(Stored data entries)
BEGIN
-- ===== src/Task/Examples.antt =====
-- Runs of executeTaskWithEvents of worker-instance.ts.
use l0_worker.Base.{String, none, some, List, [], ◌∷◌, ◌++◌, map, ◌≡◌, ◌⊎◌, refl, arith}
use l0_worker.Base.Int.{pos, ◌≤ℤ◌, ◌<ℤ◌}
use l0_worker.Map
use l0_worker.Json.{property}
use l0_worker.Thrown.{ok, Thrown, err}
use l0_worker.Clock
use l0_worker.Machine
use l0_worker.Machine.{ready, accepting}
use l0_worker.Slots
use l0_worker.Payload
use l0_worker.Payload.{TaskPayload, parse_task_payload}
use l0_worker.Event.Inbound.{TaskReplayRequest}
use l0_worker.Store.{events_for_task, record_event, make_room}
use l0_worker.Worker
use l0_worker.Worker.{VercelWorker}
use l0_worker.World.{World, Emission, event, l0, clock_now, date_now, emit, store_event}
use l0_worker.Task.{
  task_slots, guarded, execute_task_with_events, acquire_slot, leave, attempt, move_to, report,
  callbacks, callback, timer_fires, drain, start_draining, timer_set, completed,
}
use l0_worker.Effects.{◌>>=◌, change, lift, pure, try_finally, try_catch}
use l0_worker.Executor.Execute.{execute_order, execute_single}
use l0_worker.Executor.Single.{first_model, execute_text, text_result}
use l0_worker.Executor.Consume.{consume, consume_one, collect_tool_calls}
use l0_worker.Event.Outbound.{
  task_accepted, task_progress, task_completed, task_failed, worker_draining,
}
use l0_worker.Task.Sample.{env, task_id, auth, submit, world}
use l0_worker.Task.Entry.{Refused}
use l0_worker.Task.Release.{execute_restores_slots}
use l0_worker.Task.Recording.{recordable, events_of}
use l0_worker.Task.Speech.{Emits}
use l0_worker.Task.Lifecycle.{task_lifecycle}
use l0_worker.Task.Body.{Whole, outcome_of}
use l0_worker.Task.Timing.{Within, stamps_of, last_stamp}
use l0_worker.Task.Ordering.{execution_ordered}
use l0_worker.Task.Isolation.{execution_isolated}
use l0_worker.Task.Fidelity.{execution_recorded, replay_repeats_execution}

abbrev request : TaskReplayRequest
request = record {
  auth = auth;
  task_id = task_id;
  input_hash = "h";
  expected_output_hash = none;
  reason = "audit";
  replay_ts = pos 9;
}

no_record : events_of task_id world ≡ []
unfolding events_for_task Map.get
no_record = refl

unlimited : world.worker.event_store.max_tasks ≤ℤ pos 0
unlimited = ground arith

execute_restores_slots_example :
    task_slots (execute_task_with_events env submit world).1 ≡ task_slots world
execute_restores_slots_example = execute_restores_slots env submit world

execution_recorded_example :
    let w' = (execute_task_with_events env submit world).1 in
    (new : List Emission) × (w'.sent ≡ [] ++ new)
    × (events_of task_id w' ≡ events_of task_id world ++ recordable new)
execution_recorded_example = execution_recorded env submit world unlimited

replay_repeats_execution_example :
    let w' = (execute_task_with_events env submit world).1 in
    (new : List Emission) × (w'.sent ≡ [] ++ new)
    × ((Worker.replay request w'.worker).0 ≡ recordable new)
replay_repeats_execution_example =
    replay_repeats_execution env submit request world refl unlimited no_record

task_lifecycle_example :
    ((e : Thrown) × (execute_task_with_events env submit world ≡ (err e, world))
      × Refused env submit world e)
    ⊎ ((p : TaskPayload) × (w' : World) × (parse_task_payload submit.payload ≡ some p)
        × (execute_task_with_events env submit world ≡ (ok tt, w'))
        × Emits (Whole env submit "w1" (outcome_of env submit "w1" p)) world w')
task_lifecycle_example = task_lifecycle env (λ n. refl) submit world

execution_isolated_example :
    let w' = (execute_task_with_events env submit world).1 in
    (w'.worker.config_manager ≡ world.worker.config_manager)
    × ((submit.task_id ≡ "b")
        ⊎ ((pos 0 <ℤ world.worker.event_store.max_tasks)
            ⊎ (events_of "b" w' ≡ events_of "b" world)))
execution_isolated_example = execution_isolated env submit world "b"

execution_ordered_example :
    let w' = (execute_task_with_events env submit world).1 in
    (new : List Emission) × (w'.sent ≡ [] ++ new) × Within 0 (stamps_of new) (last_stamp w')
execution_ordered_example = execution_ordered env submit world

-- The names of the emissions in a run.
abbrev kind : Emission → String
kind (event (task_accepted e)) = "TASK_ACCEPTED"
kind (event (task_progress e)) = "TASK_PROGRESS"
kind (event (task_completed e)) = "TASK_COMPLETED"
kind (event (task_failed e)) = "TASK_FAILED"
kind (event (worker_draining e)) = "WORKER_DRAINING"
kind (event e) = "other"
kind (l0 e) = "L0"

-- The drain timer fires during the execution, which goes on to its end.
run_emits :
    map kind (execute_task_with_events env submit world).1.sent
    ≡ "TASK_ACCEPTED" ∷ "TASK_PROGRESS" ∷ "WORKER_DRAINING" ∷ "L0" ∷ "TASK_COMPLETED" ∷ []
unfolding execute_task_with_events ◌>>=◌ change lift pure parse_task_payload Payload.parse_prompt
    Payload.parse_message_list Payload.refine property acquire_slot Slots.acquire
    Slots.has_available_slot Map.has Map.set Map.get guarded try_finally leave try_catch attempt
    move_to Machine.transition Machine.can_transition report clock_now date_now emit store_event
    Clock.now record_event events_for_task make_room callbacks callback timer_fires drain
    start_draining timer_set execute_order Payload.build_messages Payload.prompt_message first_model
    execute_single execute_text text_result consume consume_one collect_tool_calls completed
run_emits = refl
END
BEGIN
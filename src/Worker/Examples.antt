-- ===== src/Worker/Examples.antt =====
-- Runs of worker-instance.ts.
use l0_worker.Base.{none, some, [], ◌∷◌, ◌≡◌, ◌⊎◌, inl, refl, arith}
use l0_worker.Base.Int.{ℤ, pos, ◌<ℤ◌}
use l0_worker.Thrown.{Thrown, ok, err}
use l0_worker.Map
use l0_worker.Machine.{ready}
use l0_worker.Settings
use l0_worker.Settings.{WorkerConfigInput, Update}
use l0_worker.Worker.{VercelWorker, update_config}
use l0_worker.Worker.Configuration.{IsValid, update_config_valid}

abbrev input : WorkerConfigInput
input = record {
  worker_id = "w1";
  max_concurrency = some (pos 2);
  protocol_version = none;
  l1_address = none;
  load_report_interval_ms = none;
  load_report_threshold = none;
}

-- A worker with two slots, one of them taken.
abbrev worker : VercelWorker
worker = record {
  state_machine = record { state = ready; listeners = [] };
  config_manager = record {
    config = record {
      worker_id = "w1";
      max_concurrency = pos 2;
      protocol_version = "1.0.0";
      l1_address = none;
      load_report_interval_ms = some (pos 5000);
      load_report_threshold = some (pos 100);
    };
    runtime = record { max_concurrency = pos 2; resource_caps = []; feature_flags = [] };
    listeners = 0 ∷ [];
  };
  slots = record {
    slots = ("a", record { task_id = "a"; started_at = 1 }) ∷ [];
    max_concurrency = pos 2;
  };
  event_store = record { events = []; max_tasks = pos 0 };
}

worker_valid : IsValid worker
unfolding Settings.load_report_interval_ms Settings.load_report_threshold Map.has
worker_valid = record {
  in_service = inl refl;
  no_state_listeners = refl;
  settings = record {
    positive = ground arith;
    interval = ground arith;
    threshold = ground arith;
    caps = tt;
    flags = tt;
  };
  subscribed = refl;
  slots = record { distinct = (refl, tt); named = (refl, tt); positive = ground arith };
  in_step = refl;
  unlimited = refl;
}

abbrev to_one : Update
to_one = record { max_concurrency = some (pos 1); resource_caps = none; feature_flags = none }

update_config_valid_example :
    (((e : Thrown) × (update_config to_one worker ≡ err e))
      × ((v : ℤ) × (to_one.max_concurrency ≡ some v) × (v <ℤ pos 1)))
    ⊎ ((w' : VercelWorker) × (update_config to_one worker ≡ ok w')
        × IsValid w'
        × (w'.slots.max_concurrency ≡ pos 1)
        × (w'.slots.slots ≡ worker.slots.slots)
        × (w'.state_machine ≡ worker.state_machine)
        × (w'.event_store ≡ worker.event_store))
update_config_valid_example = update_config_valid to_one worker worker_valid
END
BEGIN
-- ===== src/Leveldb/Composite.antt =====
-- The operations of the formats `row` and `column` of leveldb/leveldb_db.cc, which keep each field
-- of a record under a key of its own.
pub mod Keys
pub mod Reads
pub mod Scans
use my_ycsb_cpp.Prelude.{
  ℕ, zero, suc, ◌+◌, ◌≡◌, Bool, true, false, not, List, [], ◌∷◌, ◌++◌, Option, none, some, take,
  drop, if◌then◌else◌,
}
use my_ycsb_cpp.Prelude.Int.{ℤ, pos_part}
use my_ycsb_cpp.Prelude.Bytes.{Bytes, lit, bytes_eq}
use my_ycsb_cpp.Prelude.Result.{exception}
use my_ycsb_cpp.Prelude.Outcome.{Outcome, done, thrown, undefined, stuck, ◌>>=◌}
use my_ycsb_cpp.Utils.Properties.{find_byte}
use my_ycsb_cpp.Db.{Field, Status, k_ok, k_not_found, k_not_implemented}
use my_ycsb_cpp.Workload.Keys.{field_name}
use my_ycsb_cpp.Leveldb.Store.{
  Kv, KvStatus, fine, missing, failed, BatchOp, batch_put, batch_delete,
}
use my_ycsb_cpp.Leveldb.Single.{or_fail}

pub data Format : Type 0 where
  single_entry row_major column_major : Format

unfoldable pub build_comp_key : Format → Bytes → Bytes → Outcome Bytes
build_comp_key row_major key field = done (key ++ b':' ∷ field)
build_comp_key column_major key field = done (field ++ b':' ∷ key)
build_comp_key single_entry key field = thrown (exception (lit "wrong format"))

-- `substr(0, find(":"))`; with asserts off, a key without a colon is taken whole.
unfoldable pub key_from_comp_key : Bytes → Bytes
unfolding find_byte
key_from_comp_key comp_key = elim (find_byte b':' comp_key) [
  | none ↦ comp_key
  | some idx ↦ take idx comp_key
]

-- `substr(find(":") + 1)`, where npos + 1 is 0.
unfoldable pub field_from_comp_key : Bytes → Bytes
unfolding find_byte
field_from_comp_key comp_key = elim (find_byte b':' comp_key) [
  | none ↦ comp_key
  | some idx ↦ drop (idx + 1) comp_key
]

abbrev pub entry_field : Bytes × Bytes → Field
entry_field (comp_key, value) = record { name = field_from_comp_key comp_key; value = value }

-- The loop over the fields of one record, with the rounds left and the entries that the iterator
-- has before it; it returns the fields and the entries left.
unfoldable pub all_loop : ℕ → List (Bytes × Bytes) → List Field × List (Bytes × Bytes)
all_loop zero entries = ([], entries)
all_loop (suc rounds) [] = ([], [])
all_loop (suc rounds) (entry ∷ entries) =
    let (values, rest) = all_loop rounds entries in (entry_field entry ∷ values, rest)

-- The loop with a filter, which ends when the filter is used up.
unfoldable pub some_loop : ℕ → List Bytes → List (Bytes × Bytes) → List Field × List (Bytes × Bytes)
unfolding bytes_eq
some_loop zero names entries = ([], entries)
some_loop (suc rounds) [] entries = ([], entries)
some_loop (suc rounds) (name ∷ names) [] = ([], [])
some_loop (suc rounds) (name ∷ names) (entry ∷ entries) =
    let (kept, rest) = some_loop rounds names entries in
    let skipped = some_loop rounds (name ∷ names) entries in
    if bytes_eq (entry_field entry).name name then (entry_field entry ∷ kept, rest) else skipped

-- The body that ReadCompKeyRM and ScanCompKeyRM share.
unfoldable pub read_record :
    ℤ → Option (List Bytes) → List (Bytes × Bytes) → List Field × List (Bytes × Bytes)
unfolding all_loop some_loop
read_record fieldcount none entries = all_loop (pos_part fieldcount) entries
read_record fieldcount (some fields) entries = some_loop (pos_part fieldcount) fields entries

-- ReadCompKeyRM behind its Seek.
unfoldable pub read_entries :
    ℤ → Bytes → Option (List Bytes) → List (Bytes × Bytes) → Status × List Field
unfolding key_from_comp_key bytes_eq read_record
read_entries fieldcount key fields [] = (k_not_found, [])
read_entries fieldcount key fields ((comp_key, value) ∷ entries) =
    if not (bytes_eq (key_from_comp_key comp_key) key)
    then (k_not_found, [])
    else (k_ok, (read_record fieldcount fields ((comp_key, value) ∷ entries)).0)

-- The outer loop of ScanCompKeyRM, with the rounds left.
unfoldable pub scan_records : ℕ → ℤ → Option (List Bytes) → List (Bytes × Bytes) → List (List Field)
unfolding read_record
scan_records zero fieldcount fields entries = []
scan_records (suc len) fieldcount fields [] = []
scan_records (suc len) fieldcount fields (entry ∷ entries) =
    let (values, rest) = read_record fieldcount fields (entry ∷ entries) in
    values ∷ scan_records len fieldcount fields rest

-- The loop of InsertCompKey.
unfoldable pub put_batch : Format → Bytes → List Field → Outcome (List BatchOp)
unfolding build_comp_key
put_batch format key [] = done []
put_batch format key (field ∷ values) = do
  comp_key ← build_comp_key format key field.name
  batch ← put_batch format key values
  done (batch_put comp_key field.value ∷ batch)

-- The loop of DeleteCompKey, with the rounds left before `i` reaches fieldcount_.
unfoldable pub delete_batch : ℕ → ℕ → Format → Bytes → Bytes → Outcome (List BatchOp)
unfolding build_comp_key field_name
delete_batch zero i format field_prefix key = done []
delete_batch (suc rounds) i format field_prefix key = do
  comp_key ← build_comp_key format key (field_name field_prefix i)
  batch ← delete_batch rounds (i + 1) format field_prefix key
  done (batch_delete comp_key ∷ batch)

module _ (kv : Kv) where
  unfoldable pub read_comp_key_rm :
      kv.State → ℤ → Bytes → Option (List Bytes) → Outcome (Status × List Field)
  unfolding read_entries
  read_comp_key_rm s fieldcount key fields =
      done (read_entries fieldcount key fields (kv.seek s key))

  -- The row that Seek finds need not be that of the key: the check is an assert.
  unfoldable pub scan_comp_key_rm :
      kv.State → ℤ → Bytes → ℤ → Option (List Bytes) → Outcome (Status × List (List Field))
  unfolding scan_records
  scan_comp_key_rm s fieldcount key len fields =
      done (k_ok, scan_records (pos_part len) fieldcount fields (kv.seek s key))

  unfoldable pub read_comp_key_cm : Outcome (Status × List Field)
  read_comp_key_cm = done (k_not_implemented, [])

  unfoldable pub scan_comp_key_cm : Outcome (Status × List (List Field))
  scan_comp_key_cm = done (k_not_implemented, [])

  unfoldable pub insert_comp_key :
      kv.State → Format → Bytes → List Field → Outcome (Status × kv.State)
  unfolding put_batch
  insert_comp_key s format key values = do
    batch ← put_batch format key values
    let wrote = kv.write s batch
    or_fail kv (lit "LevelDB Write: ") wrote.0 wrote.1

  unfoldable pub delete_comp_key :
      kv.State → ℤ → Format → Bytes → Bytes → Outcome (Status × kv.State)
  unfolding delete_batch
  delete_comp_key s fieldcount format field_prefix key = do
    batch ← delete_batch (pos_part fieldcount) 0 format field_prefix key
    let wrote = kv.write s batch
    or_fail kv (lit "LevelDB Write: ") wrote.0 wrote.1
END
Your assignment:
Within the data above, the span starting at the line containing "no_state_listeners = refl;" and ending at the line containing "abbrev to_one : Update" is to be retyped exactly, with no other lines.

Finished exercise:
  no_state_listeners = refl;
  settings = record {
    positive = ground arith;
    interval = ground arith;
    threshold = ground arith;
    caps = tt;
    flags = tt;
  };
  subscribed = refl;
  slots = record { distinct = (refl, tt); named = (refl, tt); positive = ground arith };
  in_step = refl;
  unlimited = refl;
}

abbrev to_one : Update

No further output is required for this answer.